京都薬科大学薬学教育研究センターの細井信造教授、開章宏講師らの研究グループが、薬学生の学修習慣が国家試験の合否に関連しているのでは、という調査の結果を明らかにしました。それによると、2年次の評定平均が80点以上の学生は全て国試に合格している反面、60点未満の学生の国試合格率は30.0%。全体に、入学前に学修習慣が身についている学生の方が入学後の成績が良く、国試の合格率も高い傾向があるようです。

細井氏(右)、開氏

 

大学入学前や入学後の学修習慣が大学の各年次の成績に影響し、ひいてはその影響は薬剤師国家試験の合否にまで及ぶのではないか――。

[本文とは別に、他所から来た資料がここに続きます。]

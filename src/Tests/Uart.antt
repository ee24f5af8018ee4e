-- ===== src/Tests/Uart.antt =====
-- src/kern/uart.c at concrete inputs: a ring buffer of two bytes whose tail has wrapped around.
use illinux.Prelude.{
  ℕ, ◌+◌, ◌≤◌, ◌≡◌, min, none, some, List, refl, arith, [], ◌∷◌, ◌++◌, true, false, length,
}
use illinux.Uart.{
  Ringbuf, Uart, Lsr, uart_long_max, rbuf_full, rbuf_empty, uart_read, uart_write_round, uart_isr,
}
use illinux.Uart.Queue.{IsValid, contents}
use illinux.Uart.Port.{IsPort, uart_write_round-contents, uart_isr-IsPort}
use illinux.Uart.Reads.{awaited, uart_read-contents}

abbrev two_bytes : Ringbuf
two_bytes = record { hpos = 65535; tpos = 1; data_ = λ i. i + 100 }

two_bytes-IsValid : IsValid two_bytes
two_bytes-IsValid = record { head_in = omega arith; tail_in = omega arith; fill_in = omega arith }

has_room : rbuf_full two_bytes ≡ false
unfolding rbuf_full
has_room = refl

has_bytes : rbuf_empty two_bytes ≡ false
unfolding rbuf_empty
has_bytes = refl

abbrev port : Uart
port = record {
  dreie = false;
  threie = false;
  rxovrcnt = 0;
  refcnt = 1;
  rxbuf = two_bytes;
  txbuf = two_bytes;
  sent = [];
  rx_woken = 0;
  tx_woken = 0;
}

port-IsPort : IsPort port
port-IsPort = record { rx = two_bytes-IsValid; tx = two_bytes-IsValid }

-- Nothing is in the receive buffer. The first wait brings nothing, the second one two bytes.
abbrev idle_port : Uart
idle_port = record port { rxbuf = record two_bytes { tpos = 65535 } }

idle-IsPort : IsPort idle_port
idle-IsPort = record {
  rx = record { head_in = omega arith; tail_in = omega arith; fill_in = omega arith };
  tx = two_bytes-IsValid;
}

abbrev got_byte : Lsr
got_byte = record { oe = false; dr = true; thre = false }

abbrev two_rounds : List (List (Lsr × ℕ))
two_rounds = [] ∷ ((got_byte, 5) ∷ (got_byte, 6) ∷ []) ∷ []

uart_read-contents_example :
    (awaited two_rounds (contents idle_port.rxbuf) ≡ none → uart_read 1 two_rounds idle_port ≡ none)
    × ((q : List ℕ)
        → awaited two_rounds (contents idle_port.rxbuf) ≡ some q
        → (d' : Uart) × (cs : List ℕ) × (uart_read 1 two_rounds idle_port ≡ some (d', cs))
          × IsPort d'
          × (q ≡ cs ++ contents d'.rxbuf)
          × (length cs ≡ min (min 1 uart_long_max) (length q))
          × (1 ≤ length cs)
          × (d'.dreie ≡ true))
uart_read-contents_example = uart_read-contents 1 two_rounds idle_port idle-IsPort (omega arith)

two_bytes_awaited : awaited two_rounds (contents idle_port.rxbuf) ≡ some (5 ∷ 6 ∷ [])
two_bytes_awaited = refl

uart_write_round-contents_example :
    let (d', rest) = uart_write_round (7 ∷ 8 ∷ []) port in
    IsValid d'.txbuf
    × (contents d'.txbuf ++ rest ≡ contents two_bytes ++ (7 ∷ 8 ∷ []))
    × (d'.threie ≡ true)
uart_write_round-contents_example = uart_write_round-contents (7 ∷ 8 ∷ []) port two_bytes-IsValid

uart_isr-IsPort_example : IsPort (uart_isr (record { oe = true; dr = true; thre = true }) 9 port)
uart_isr-IsPort_example =
    uart_isr-IsPort (record { oe = true; dr = true; thre = true }) 9 port port-IsPort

京都薬科大学薬学教育研究センターの細井信造教授、開章宏講師らの研究グループが実施した解析によって、そんな傾向が明らかになった。京都薬大のある年度における学生を対象に調べると、入学前に学修習慣が身に付いている学生の方が、入学後の成績は良かった。さらに各年次の専門必修講義科目の成績が良い学生は、国試の合格率が高かったという。


 

細井氏らの研究グループは、薬学教育6年制のある年度における学生を国試合格群と不合格・卒業留年群に区分した。2年次、3年次、4~6年次の専門必修講義科目の評定平均と国試合否・卒業留年との相関に焦点を当てて分析すると、国試合格群の評定平均はどの年次においても不合格・卒業留年群より高く、学業成績が良い学生は国試合格率も高いことが明らかになった(

 

図

 

さらに2年次に焦点を当てて詳しく分析すると、2年次の評定平均が80点以上の学生は全て国試に合格しており、75点以上80点未満の学生の国試合格率も94.1%と高かった。一方、60点以上65点未満の学生の国試合格率は51.7%、60点未満の学生の国試合格率は30.0%と低かった。低学年の段階で既に、学業成績が将来の国試の合否につながっていることが明らかになったという。

 

それでは、学業成績の良し悪しや国試の合否は一体、何によってもたらされるのだろうか。ひとつの要因として研究グループが注目したのが日頃の学修習慣だ。

 

京都薬大は以前、4年次にCBT対策として年間8回、自主練習問題を学生に渡して取り組ませていた。その取り組み率が高い学生ほど国家試験合格率は高く、日頃の学修習慣が国試合格に相関することが示された。

 

研究グループはさらに入学前の学修習慣と入学後の学業成績の相関を調べた。京都薬大は推薦入試合格者に対して入学までの約3カ月間に計4回課題を授与。課題提出締切日の1週間前に、課題に着手しているかどうかを確認し、まだなら取り組むよう促している。

 

調べてみると、締切の1週間前に物理、数学、生物の3科目全ての課題に取り組んでいた学生は、大学入学後1年次から4~6年次までにわたり、専門必修講義科目の評定平均が常に学年平均より高かった。4年次のCBT体験受験の得点、6年次の実力試験の得点も高かった。

 

一方、1週間前になっても課題に取り組んでいなかった学生は、取り組み開始が遅れた回数が多いほど入学後の評定平均は低かった。4回の提出期限を全て守った学生でも、締切1週間前を過ぎてから取り組み始めた学生の入学後の評定平均は、1週間前に取り組んでいた学生より低く、差があった。

 

この結果から開氏は「高校生の時にどれだけ学修習慣が身に付いているかが、6年次の実力試験の得点にまで影響している。今後さらなる解析を行う予定であるが、おそらく国試の合否にも相関していると思う」と語る。

 

細井氏も「低学年次に、いかに学修習慣をしっかり身に付けさせるかが大事になる」と強調する。ただ、高学年で学修習慣がしっかりと身に付いてない学生であっても「リカバーはできる。この結果をネガティブに捉えるのではなく、現時点でどのように計画的に勉強を進めるのかを主体的に考えるきっかけにしてほしい」と話している。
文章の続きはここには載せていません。